## [EXERCISE AIM]
Please restate word for word the line holding "(assert b >> r)" and every following line through the end of the entries.

....

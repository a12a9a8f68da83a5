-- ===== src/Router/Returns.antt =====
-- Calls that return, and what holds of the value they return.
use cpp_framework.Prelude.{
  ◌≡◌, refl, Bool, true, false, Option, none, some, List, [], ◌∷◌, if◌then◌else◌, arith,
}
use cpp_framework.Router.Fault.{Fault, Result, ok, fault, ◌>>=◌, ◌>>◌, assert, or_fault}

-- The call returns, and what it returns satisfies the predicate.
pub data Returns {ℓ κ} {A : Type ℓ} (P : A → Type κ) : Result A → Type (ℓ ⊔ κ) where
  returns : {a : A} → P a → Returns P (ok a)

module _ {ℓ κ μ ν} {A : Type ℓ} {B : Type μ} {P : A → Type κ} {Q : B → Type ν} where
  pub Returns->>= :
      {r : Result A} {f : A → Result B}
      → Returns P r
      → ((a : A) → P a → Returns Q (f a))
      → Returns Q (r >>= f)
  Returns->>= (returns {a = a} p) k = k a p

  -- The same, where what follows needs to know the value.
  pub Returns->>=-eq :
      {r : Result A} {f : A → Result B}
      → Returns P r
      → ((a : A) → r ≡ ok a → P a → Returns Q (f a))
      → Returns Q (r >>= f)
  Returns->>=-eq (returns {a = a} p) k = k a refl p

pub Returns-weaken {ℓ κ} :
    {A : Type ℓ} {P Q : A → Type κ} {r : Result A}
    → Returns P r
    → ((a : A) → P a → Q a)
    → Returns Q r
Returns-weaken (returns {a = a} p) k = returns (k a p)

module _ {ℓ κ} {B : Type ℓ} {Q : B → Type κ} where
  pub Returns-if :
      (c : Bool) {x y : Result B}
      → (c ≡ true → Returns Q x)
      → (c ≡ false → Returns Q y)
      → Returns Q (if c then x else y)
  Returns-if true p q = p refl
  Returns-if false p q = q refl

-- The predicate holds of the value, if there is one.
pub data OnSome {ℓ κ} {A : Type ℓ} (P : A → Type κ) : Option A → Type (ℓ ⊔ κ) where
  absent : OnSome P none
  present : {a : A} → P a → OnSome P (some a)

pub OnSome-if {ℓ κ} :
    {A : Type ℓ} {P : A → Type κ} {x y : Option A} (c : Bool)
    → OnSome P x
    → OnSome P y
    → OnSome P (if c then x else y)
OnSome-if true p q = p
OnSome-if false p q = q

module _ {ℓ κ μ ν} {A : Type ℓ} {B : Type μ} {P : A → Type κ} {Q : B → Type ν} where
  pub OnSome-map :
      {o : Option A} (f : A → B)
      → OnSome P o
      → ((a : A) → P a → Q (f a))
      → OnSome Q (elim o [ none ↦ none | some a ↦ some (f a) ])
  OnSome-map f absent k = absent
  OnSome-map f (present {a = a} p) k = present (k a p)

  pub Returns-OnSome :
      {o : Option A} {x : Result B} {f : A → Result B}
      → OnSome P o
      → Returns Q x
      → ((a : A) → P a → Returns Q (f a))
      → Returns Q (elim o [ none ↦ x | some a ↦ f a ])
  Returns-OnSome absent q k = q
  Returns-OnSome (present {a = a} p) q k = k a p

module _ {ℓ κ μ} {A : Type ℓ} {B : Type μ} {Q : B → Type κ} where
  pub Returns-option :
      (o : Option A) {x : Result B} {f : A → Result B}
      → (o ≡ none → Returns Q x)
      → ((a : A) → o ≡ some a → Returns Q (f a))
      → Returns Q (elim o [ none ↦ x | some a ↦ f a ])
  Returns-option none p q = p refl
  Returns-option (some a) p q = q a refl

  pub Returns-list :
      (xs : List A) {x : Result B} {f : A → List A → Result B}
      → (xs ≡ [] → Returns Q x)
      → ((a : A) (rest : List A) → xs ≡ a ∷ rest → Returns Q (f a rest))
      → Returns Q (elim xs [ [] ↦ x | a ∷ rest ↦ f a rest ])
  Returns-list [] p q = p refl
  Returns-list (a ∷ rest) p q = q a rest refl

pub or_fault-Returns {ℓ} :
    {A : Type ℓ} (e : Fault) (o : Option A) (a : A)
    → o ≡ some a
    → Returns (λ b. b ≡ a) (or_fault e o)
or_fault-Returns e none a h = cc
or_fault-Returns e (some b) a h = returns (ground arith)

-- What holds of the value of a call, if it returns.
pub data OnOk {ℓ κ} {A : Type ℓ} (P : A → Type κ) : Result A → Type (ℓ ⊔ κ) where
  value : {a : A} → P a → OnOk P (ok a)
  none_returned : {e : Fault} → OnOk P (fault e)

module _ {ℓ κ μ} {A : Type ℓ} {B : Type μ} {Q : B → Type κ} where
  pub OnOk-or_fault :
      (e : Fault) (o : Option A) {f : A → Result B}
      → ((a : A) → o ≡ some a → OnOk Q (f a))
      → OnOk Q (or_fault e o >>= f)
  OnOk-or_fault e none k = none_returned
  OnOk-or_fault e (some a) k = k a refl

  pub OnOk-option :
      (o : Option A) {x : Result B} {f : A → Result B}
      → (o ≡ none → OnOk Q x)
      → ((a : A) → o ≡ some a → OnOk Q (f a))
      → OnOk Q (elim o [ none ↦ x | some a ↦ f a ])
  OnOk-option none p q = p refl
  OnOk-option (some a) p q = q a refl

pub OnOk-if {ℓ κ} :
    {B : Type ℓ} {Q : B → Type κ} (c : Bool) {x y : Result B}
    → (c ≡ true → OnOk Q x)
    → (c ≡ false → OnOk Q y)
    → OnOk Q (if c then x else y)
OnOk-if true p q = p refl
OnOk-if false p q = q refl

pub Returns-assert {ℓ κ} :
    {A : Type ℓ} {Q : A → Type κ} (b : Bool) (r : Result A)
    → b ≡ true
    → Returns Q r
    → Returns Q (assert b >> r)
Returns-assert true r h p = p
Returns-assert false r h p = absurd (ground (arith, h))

....

## [RESULT]
    → Returns Q (assert b >> r)
Returns-assert true r h p = p
Returns-assert false r h p = absurd (ground (arith, h))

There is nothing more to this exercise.